Vale cualquier marca de pote que compre? o se ve mermada la calidad de audio dependiendo si es un pote barato?
Tambien comentar que hace rato cuando paso lo del bajon de volumen del canal 1 lo que hice fue ir al potenciometro de "HPF" y nisiquiera lo gire... somaente apenas hice contacto con el desarmardor con el, cosa de nada nada de tacto y el volumen volvio a la normalidad....  osea nisiquiera toque el de gain ni nada, entonces 
nota: esa vez como mencione no tuve que tocar el gain, y a parte el volumen estaba en medio/bajo, osea que no era necesario el gain a maximo para recuperar el audio del canal 1.
Tambien a parte hay un interruptor para elegir si quiero "HPF,LPF,through"  resulta que si lo muevo siempre en HPF y through tengo que hacer un poco de juego para que suene el canal 1...
osea que como que de todos lados hay complot para el canal 1? 

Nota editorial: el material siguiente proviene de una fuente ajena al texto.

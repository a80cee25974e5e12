-- ===== src/Controller/Schedule/Laws.antt =====
-- internal/controller/scheduledbackup_controller.go: when a Backup is due, and which Backups go.
use serenedb_operator.Prelude.{
  ◌==◌, ◌==ℕ◌, ap, ℕ, zero, suc, ◌<◌, ◌≡◌, ◌⊎◌, inl, inr, refl, Bool, true, false, none, some,
  Option, arith, ◌∷◌, List, [], ◌++◌, Bool-cases, Option-cases, filter, take, drop,
  take-append-drop, length, All,
}
use serenedb_operator.Prelude.Sort.{
  str_less, sort, str_less-IsOrder, IsOrder, IsSorted, sort-IsSorted, sort-perm,
}
use mathlib.Core.List.{Perm}
use serenedb_operator.Errors.{Err, is_not_found}
use serenedb_operator.Api.Meta.{Time}
use serenedb_operator.Api.Backups.{Backup, ScheduledBackup}
use serenedb_operator.Controller.Kube.{History, delete, backup}
use serenedb_operator.Controller.Schedule.{newer, surplus, is_completed, due, due_since}

-- `newer` is an order: the newest first, and by name downwards at the same time.
newer_asym : (x y : Backup) → newer x y ≡ true → newer y x ≡ false
unfolding newer
newer_asym x y h = ground (arith, str_less-IsOrder.asym y.metadata.name x.metadata.name)

newer_le_trans : (x y z : Backup) → newer y x ≡ false → newer z y ≡ false → newer z x ≡ false
unfolding newer
newer_le_trans x y z h k =
    ground (arith, str_less-IsOrder.le_trans z.metadata.name y.metadata.name x.metadata.name)

newer-IsOrder : IsOrder newer
newer-IsOrder = record { asym = newer_asym; le_trans = newer_le_trans }

All-filter : {A : Type 0} (p : A → Bool) (l : List A) → All (λ x. p x ≡ true) (filter p l)
All-filter p [] = tt
All-filter p (x ∷ l) = elim (Bool-cases (p x)) [
  | inl e ↦ rw e (e, All-filter p l)
  | inr e ↦ rw e (All-filter p l)
]

All-drop : {A : Type 0} (P : A → Type 0) (n : ℕ) (l : List A) → All P l → All P (drop n l)
All-drop P zero l a = a
All-drop P (suc n) [] a = tt
All-drop P (suc n) (x ∷ l) (h, a) = All-drop P n l a

-- In a sorted list nothing in the tail comes before anything in the head.
take-drop-IsSorted :
    {A : Type 0} (less : A → A → Bool) (n : ℕ) (l : List A)
    → IsSorted less l
    → All (λ k. All (λ x. less x k ≡ false) (drop n l)) (take n l)
take-drop-IsSorted less zero l s = tt
take-drop-IsSorted less (suc n) [] s = tt
take-drop-IsSorted less (suc n) (x ∷ l) (a, s) =
    (All-drop (λ y. less y x ≡ false) n l a, take-drop-IsSorted less n l s)

-- Created earlier, or at the same time and with a name that is not behind.
abbrev pub IsOlder : Backup → Backup → Type 0
IsOlder a b =
    (a.metadata.creation_timestamp < b.metadata.creation_timestamp)
    ⊎ ((a.metadata.creation_timestamp ≡ b.metadata.creation_timestamp)
        × (str_less b.metadata.name a.metadata.name ≡ false))

newer-IsOlder : (a b : Backup) → newer a b ≡ false → IsOlder a b
unfolding newer
newer-IsOlder a b h =
    let s = a.metadata.creation_timestamp in
    let t = b.metadata.creation_timestamp in
    elim (Bool-cases (s ==ℕ t)) [
      | inl e ↦ inr (ground arith, ground arith)
      | inr e ↦ inl (ground arith)
    ]

All-IsOlder :
    (b : Backup) (l : List Backup) → All (λ a. newer a b ≡ false) l → All (λ a. IsOlder a b) l
All-IsOlder b [] h = tt
All-IsOlder b (a ∷ l) (h, rest) = (newer-IsOlder a b h, All-IsOlder b l rest)

All-All-IsOlder :
    (rest l : List Backup)
    → All (λ b. All (λ a. newer a b ≡ false) rest) l
    → All (λ b. All (λ a. IsOlder a b) rest) l
All-All-IsOlder rest [] h = tt
All-All-IsOlder rest (b ∷ l) (h, more) = (All-IsOlder b rest h, All-All-IsOlder rest l more)

-- The list goes from the newest to the oldest.
abbrev pub IsNewestFirst : List Backup → Type 0
IsNewestFirst [] = Unit
IsNewestFirst (b ∷ l) = All (λ a. IsOlder a b) l × IsNewestFirst l

-- A full prefix, or nothing behind it.
take-drop-cases :
    {A : Type 0} (n : ℕ) (l : List A)
    → (length (take n l) ≡ n) ⊎ ((length (take n l) < n) × (drop n l ≡ []))
take-drop-cases zero l = inl refl
take-drop-cases (suc n) [] = inr (omega arith, refl)
take-drop-cases (suc n) (x ∷ l) = elim (take-drop-cases n l) [
  | inl e ↦ inl (ap suc e)
  | inr (a, e) ↦ inr (omega (arith, a), e)
]

-- The completed Backups are split into some that are kept and the surplus, with none lost; either
-- `keep` of them are kept, or fewer and there is no surplus; and each Backup of the surplus is older
-- than each kept one, or as old and with a name that is not behind.
pub surplus_splits :
    (keep : ℕ) (items : List Backup)
    → (stay : List Backup) × (Perm
        (stay ++ surplus keep items)
        (filter (λ b. b.status.phase == "Completed") items))
      × ((length stay ≡ keep) ⊎ ((length stay < keep) × (surplus keep items ≡ [])))
      × (All (λ b. All (λ a. IsOlder a b) (surplus keep items)) stay)
unfolding surplus
surplus_splits keep items =
    let l = sort newer (filter is_completed items) in
    (
      take keep l,
      rw (take-append-drop keep l) (sort-perm newer (filter is_completed items)),
      take-drop-cases keep l,
      All-All-IsOlder (drop keep l) (take keep l) (
          take-drop-IsSorted newer keep l
            (sort-IsSorted newer-IsOrder (filter is_completed items))),
    )

-- A schedule without a next time, for which cron answers the zero time, is due at every time.
pub due_without_next :
    (s : ScheduledBackup) (next : Time → Time) (now : Time)
    → ((t : Time) → next t ≡ 0)
    → due s next now ≡ true
unfolding due due_since
due_without_next s next now never = elim (Option-cases s.status.last_schedule_time) [
  | inl e ↦ ground (arith, never s.metadata.creation_timestamp)
  | inr (last, e) ↦ ground (arith, never last)
]

-- At the time of the last run no Backup is due, where the schedule's next time is later.
pub due_after_run :
    (s : ScheduledBackup) (next : Time → Time) (now : Time)
    → s.status.last_schedule_time ≡ some now
    → now < next now
    → due s next now ≡ false
unfolding due due_since
due_after_run s next now ran later = ground arith

-- The calls of a list of deletions that all succeed or find their object gone.
abbrev pub AreDeleted : List Backup → (h h' : History) → Type 0
AreDeleted [] h h' = h' ≡ h
AreDeleted (b ∷ rest) h h' =
    (failure : Option Err) × ((failure ≡ none)
      ⊎ ((e : Err) × (failure ≡ some e) × (is_not_found e ≡ true)))
    × AreDeleted rest (record { call = delete (backup b); error = failure } ∷ h) h'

gracias por leer, saludos.


----------



## Bleny (Sep 28, 2015)

Los potenciómetros son de 100 K , revisa las pista de los potenciómetros que no estén rotas y que a lo mejor hace contacto al tocarlo,y mira tambien si hay algún transistor que se caliente mas que otro


----------



## ninjaman (Sep 29, 2015)

Gracias, mañana me dirijo a una casa de electronica por el potenciometro, estoy revisando las pistas de los potes y estan bien, lo que si veo en las latas de su carcasa como que tienen oxido por dentro, tambien los switches selectores "2ch - 4ch"  y el "HPF-LPF-Through", quizas me toque cambiar todo  :s
Una pregunta, cualquier pote de 100k me vale, me refiero a la marca claro, no se si compro uno generico en una casa de electronica me afecte a la calidad de audio original que deberia tener el amplificador, eso es precisamente lo que no quisiera, ya que lo compre porque se habla masomenos bien de la calidad del amplificador, y si meto alguna pieza generica igual y termine quitandole calidad al audio, esa es mi duda, en potenciometros hay que buscar marcas o cualquiera vale igual para lo mismo?
he estado leyendo de guitarristas que reemplazan potenciometros y son muy selectivos con las marcas etc porque segun les puede cambiar la calidad, no se si en amplificadores es igual?

gracias


----------



## Bleny (Sep 29, 2015)

Tiene de ser muy malo para que afecte a la calidad, pero también puedes comprobar que funcionen bien el que tiene a hora antes de cambiarlo, ya que el fallo no esta claro que sea eso, he visto un condensador que me recuerdan a los que se sobre calientan y se encoje el plástico mira como esta este condensador


----------



## ninjaman (Sep 29, 2015)

cierto, ese capacitor se ve mal, cuando abri la placa no vi ningun liquido o señal de derrame, pero si se nota el plastico encogido, lo cambiare.
Vi los demas capacitores y no tienen el plastico encogido ni estan hinchados.
como habia comentado primero el problema se me solucionaba subiendo el gain a maximo, y hace rato con solo hacer tacto en el potenciometro de HPF volvio a la normalidad, sera tambien que todos los potes estaran muy sucios? y con el switch de HPF-LPF al hacer juego se apaga o no el mismo canal.
vaya que parecen ser varias cosas, pero ese capacitor seguro lo cambio, de ser posible los cambio todos, los que me sean posibles porque algunos estan los puntos muy cerca de otras cosas y quizas hasta lo deje peor jaja.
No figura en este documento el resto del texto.